Normally you'd try to dress one step nicer than what the job you're applying for is. I assume the warehouse job is a shorts/jeans and a t-shirt kind of job? So khakis and a button down is fine, with real shoes. You could throw a blazer on, but not a suit, and no tie.


----------



## Volp (Apr 1, 2012)

I still need help, I tried some things on today but it just feels like they don't fit right. It could just be in my head.

What are some good brands? The downtown shopping center has GAP, and Banana Republic.


----------



## Just Lurking (Feb 8, 2007)

Volp said:


> I still need help, I tried some things on today but it just feels like they don't fit right. It could just be in my head.
> 
> What are some good brands? The downtown shopping center has GAP, and Banana Republic.

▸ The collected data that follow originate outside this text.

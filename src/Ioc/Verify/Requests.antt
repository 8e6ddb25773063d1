-- ===== src/Ioc/Verify/Requests.antt =====
-- The requests of the sources in backend/apps/agentic/ioc/service.py.
use soc_one.Base.{
  All-append, append_assoc, ℕ, ◌≡◌, refl, sym, ap, ◌∙◌, inl, inr, true, false, none, some, List, [],
  ◌∷◌, ◌++◌, leb, length, All, In, arith, Bool-cases, Option-cases,
}
use soc_one.Ioc.Normalize.{Text}
use soc_one.Ioc.Sources.{
  Config, Services, Client, Asked, intel, web, model, WebEvidence, queries_for, search_tool_for,
  gathered, ask_queries, ask_clients, collect_web_evidence,
}

-- A request that names the indicator as a term and nothing else.
abbrev pub IsAbout : Text → Asked → Type 0
IsAbout value (intel kind v) = v ≡ value
IsAbout value (web client query) = In query (queries_for value)
IsAbout value (model v) = v ≡ value

-- What has been asked has grown by requests about the indicator.
abbrev pub Grew : Text → List Asked → List Asked → Type 0
Grew value before after = (new : List Asked) × (after ≡ new ++ before) × All (IsAbout value) new

module _ (value : Text) where
  pub Grew-refl : (asked : List Asked) → Grew value asked asked
  Grew-refl asked = ([], refl, tt)

  pub Grew-trans : (a b c : List Asked) → Grew value a b → Grew value b c → Grew value a c
  Grew-trans a b c (new, e, h) (newer, f, g) = (
    newer ++ new,
    f ∙ ap (λ (l : List Asked). newer ++ l) e ∙ sym (append_assoc newer new a),
    All-append (IsAbout value) newer new g h,
  )

  pub Grew-same : {a b : List Asked} → b ≡ a → Grew value a b
  Grew-same e = ([], e, tt)

  pub Grew-one : (a : Asked) (asked : List Asked) → IsAbout value a → Grew value asked (a ∷ asked)
  Grew-one a asked h = (a ∷ [], refl, (h, tt))

  module _ (client : Client) (tool : Text) (most : ℕ) (q : Text) (queries : List Text)
      (found : WebEvidence) where
    abbrev asked_one : List Asked
    asked_one = web client.name q ∷ found.1

    ask_queries_full :
        leb most (length found.0) ≡ true → ask_queries client tool most (q ∷ queries) found ≡ found
    unfolding ask_queries
    ask_queries_full e = ground (arith, e)

    ask_queries_broken :
        leb most (length found.0) ≡ false
        → client.call_tool tool q ≡ none
        → ask_queries client tool most (q ∷ queries) found ≡ (found.0, asked_one)
    unfolding ask_queries
    ask_queries_broken e n = ground (arith, e, n)

    ask_queries_next :
        (items : List Text)
        → leb most (length found.0) ≡ false
        → client.call_tool tool q ≡ some items
        → ask_queries client tool most (q ∷ queries) found
          ≡ ask_queries client tool most queries
              (gathered client.name most (client.call_tool tool q) found.0, asked_one)
    unfolding ask_queries
    ask_queries_next items e n = ground (arith, e, n)

  ask_queries-Grew :
      (client : Client) (tool : Text) (most : ℕ) (queries : List Text) (found : WebEvidence)
      → All (λ q. In q (queries_for value)) queries
      → Grew value found.1 (ask_queries client tool most queries found).1
  unfolding ask_queries
  ask_queries-Grew client tool most [] (blocks, asked) h = Grew-refl asked
  ask_queries-Grew client tool most (q ∷ queries) found h =
      let now = web client.name q ∷ found.1 in
      let one = Grew-one (web client.name q) found.1 h.0 in
      elim (Bool-cases (leb most (length found.0))) [
        | inl e ↦ rw (ask_queries_full client tool most q queries found e) (Grew-refl found.1)
        | inr e ↦ elim (Option-cases (client.call_tool tool q)) [
          | inl n ↦ rw (ask_queries_broken client tool most q queries found e n) one
          | inr (items, n) ↦
              let next : WebEvidence =
                (gathered client.name most (client.call_tool tool q) found.0, now) in
              let after = (ask_queries client tool most queries next).1 in
              rw (ask_queries_next client tool most q queries found items e n) (
                Grew-trans found.1 now after one
                  (ask_queries-Grew client tool most queries next h.1))
        ]
      ]

  ask_clients_skip :
      (client : Client) (clients : List Client) (queries : List Text) (most : ℕ)
      (found : WebEvidence)
      → search_tool_for client ≡ none
      → ask_clients (client ∷ clients) queries most found ≡ ask_clients clients queries most found
  unfolding ask_clients
  ask_clients_skip client clients queries most found n = rw (ask_clients, n) refl

  ask_clients_next :
      (client : Client) (clients : List Client) (queries : List Text) (most : ℕ)
      (found : WebEvidence) (tool : Text)
      → search_tool_for client ≡ some tool
      → ask_clients (client ∷ clients) queries most found
        ≡ ask_clients clients queries most (ask_queries client tool most queries found)
  unfolding ask_clients
  ask_clients_next client clients queries most found tool n = rw (ask_clients, n) refl

  ask_clients-Grew :
      (clients : List Client) (queries : List Text) (most : ℕ) (found : WebEvidence)
      → All (λ q. In q (queries_for value)) queries
      → Grew value found.1 (ask_clients clients queries most found).1
  unfolding ask_clients
  ask_clients-Grew [] queries most found h = Grew-refl found.1
  ask_clients-Grew (client ∷ clients) queries most found h =
      elim (Option-cases (search_tool_for client)) [
        | inl n ↦
            rw (ask_clients_skip client clients queries most found n)
              (ask_clients-Grew clients queries most found h)
        | inr (tool, n) ↦
            let next = ask_queries client tool most queries found in
            let after = (ask_clients clients queries most next).1 in
            rw (ask_clients_next client clients queries most found tool n) (
              Grew-trans found.1 next.1 after (ask_queries-Grew client tool most queries found h)
                (ask_clients-Grew clients queries most next h))
      ]

  pub collect_web_evidence-Grew :
      (services : Services) (config : Config) (asked : List Asked)
      → Grew value asked (collect_web_evidence services value config asked).1
  unfolding collect_web_evidence
  collect_web_evidence-Grew services config asked =
      ask_clients-Grew services.clients (queries_for value) config.max_web_results ([], asked)
        (inl refl, (inr (inl refl), tt))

Uhh, really, the best thing for you to do may be to tell the retail associate what you need the clothes for and have them help you out. Get a girl or a very metrosexual-looking guy to help you.










^^ 'smart casual' will usually be OK (long-sleeved button-down with decent pants other than jeans) unless it's for a place where you're meant to always be dressed up.

If you know what employees usually wear on the job, they make for a good example. Whatever their 'standard' is, either match it or go a bit above it, but not below it.


----------



## Nylea (Aug 7, 2014)

Volp said:


> What are some good brands? The downtown shopping center has GAP, and Banana Republic.


It's hard to say exactly what will work for you, since generally the most important thing is the fit of the garment on your body. If clothing is too tight or loose on your body, it doesn't matter how nice the piece is by itself.

That said, in general, I'd avoid khakis and polo shirts, since I feel like they're more on the casual side. I've shopped with/for my male friends before at both of the stores you mentioned, and GAP has really great chinos. Right now, I'm not sure why, but they're calling them khakis even though that term should only refer to beige chinos...Here's a great pair. You could also opt for a nice twill pant, like this or this. Banana Republic tends to be more expensive, so that's why I'm not suggesting their products.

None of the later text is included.